A mão na buceta circulava o clitóris rápido, dedos encharcados entrando e saindo da frente enquanto ele socava atrás, cada estocada profunda fazendo o pau roçar nas paredes internas do cu, esticando tudo de novo. A pressão dupla — pau grosso no cu, dedos curvando forte na buceta — era insuportável, um fogo que subia devagar e depois explodia sem aviso. Eu esperei. Esperei de propósito. Queria gozar exatamente quando ele jorrasse dentro, sentir o pau pulsar forte, o gozo quente enchendo o cu inteiro enquanto meu corpo se desfazia. Não queria gozar antes. Queria que fosse junto, que o orgasmo dele me levasse junto.
Meu cu apertou mais forte em volta dele, como se quisesse prender pra sempre. O clitóris latejava sob os dedos, a buceta contraindo em espasmos vazios, molhado escorrendo pelas coxas em fios grossos. Ele acelerou batendo fundo, gemendo como um louco, coxas tremendo contra as minhas. Eu sentia cada veia do pau roçando, cada pulso crescendo dentro.
— Nicole… vou gozar… caralho…
Ele travou de repente, pau inteiro enterrado, pulsando forte. O primeiro jato veio quente, viscoso, enchendo o cu fundo — um calor que se espalhou rápido, subindo pela barriga, queimando gostoso. Depois o segundo, o terceiro, jorros grossos que eu sentia cada um, o pau tremendo dentro, ordenhando contra as paredes apertadas. O gozo dele me encheu até transbordar, escorrendo devagar pela entrada quando ele parou, grosso e quente descendo pelas coxas.

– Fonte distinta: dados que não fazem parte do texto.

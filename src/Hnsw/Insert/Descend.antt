-- ===== src/Hnsw/Insert/Descend.antt =====
-- The greedy descent, from the entry point to a lower layer.
use hybrid_vector_cache_hnsw.Common.{
  ℕ, zero, suc, ◌+◌, ◌≤◌, ◌≡◌, Option, none, some, List, arith, length, get_elem?,
}
use mathlib.Core.Path.{subst}
use hybrid_vector_cache_hnsw.Common.Run.{Returns, Returns-bind}
use hybrid_vector_cache_hnsw.Similarity.{Float}
use hybrid_vector_cache_hnsw.Heap.{pop}
use hybrid_vector_cache_hnsw.Heap.Items.{All, All-map, Popped, Popped-pop}
use hybrid_vector_cache_hnsw.Hnsw.{Node, Item, get_links, max_less}
use hybrid_vector_cache_hnsw.Hnsw.Layer.{search_layer}
use hybrid_vector_cache_hnsw.Hnsw.Layer.Found.{IsFound}
use hybrid_vector_cache_hnsw.Hnsw.Layer.Result.{search_layer-Found}
use hybrid_vector_cache_hnsw.Hnsw.Insert.{nearest_of, descend}

-- P holds of the ids of a layer: its links do not leave it, and it is part of the layers below.
pub record IsLayer (nodes : List Node) (P : ℕ → ℕ → Type 0) : Type 0 where
  pub closed : (l i : ℕ) (n : Node) → get_elem? nodes i ≡ some n → P l i → All (P l) (get_links n l)
  pub below : (l i : ℕ) → P (suc l) i → P l i

-- The vectors of a graph are at least as long as a query.
abbrev pub IsLong : List Node → List ℕ → Type 0
IsLong nodes query =
    (i : ℕ) (n : Node) → get_elem? nodes i ≡ some n → length query ≤ length n.vector

module _ (f : Float) (nodes : List Node) (query : List ℕ) (P : ℕ → ℕ → Type 0)
    (long : IsLong nodes query) (layers : IsLayer nodes P) where
  nearest_of-All :
      (l : ℕ) (eps : List ℕ) (o : Option (Item × List Item))
      → All (P l) eps
      → Popped (IsFound f nodes query (P l)) o
      → All (P l) (nearest_of eps o)
  nearest_of-All l eps none p a = p
  nearest_of-All l eps (some (x, h)) p a = (a.0.1, tt)

  pub descend-Returns :
      (rounds bottom : ℕ) (eps : List ℕ)
      → All (P (bottom + rounds)) eps
      → Returns (All (P bottom)) (descend f nodes query rounds bottom eps)
  unfolding descend
  descend-Returns zero bottom eps p =
      let same : bottom + 0 ≡ bottom = omega arith in subst (λ m. All (P m) eps) same p
  descend-Returns (suc rounds) bottom eps p =
      let l = bottom + suc rounds in
      let same : bottom + suc rounds ≡ suc (bottom + rounds) = omega arith in
      Returns-bind (All (IsFound f nodes query (P l))) (All (P bottom))
        (search_layer f nodes query eps 1 l)
        (λ found. descend f nodes query rounds bottom (nearest_of eps (pop max_less found)))
        (search_layer-Found f nodes query l (P l) long (layers.closed l) 1 (omega arith) eps p)
        (λ found a. descend-Returns rounds bottom (nearest_of eps (pop max_less found)) (
          All-map (P l) (P (bottom + rounds))
            (λ i q. layers.below (bottom + rounds) i (subst (λ m. P m i) same q))
            (nearest_of eps (pop max_less found))
            (nearest_of-All l eps (pop max_less found) p
              (Popped-pop (IsFound f nodes query (P l)) max_less found a))))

Foi aí que eu quebrei. O orgasmo veio violento, como se o corpo inteiro tivesse sido atingido por um raio. Meu cu apertou em espasmos fortes em volta do pau ainda pulsando, ordenhando cada gota que sobrava. A buceta contraiu em ondas profundas, molhado jorrando forte — um esguicho quente, grosso, espirrando alto no lençol, nas coxas dele, pingando tudo em poças quentes. Eu gritei abafado no travesseiro, corpo travando inteiro, costas arqueando tanto que quase doeu, pernas tremendo violentamente, o prazer explodindo da barriga pros peitos, pros bicos duros que roçavam na camisola, pra nuca, pras coxas que fraquejavam e quase cederam. Ondas e ondas, uma atrás da outra, o cu piscando em espasmos vazios e cheios ao mesmo tempo, o gozo dele misturado com o meu molhado escorrendo devagar, marcando tudo.
Ele ficou parado dentro, ofegante, pau amolecendo devagar enquanto eu tremia inteira, corpo mole, bunda ainda empinada, cu piscando vazio e cheio, gozo escorrendo pelas coxas em fios quentes e viscosos, pingando no lençol manchado.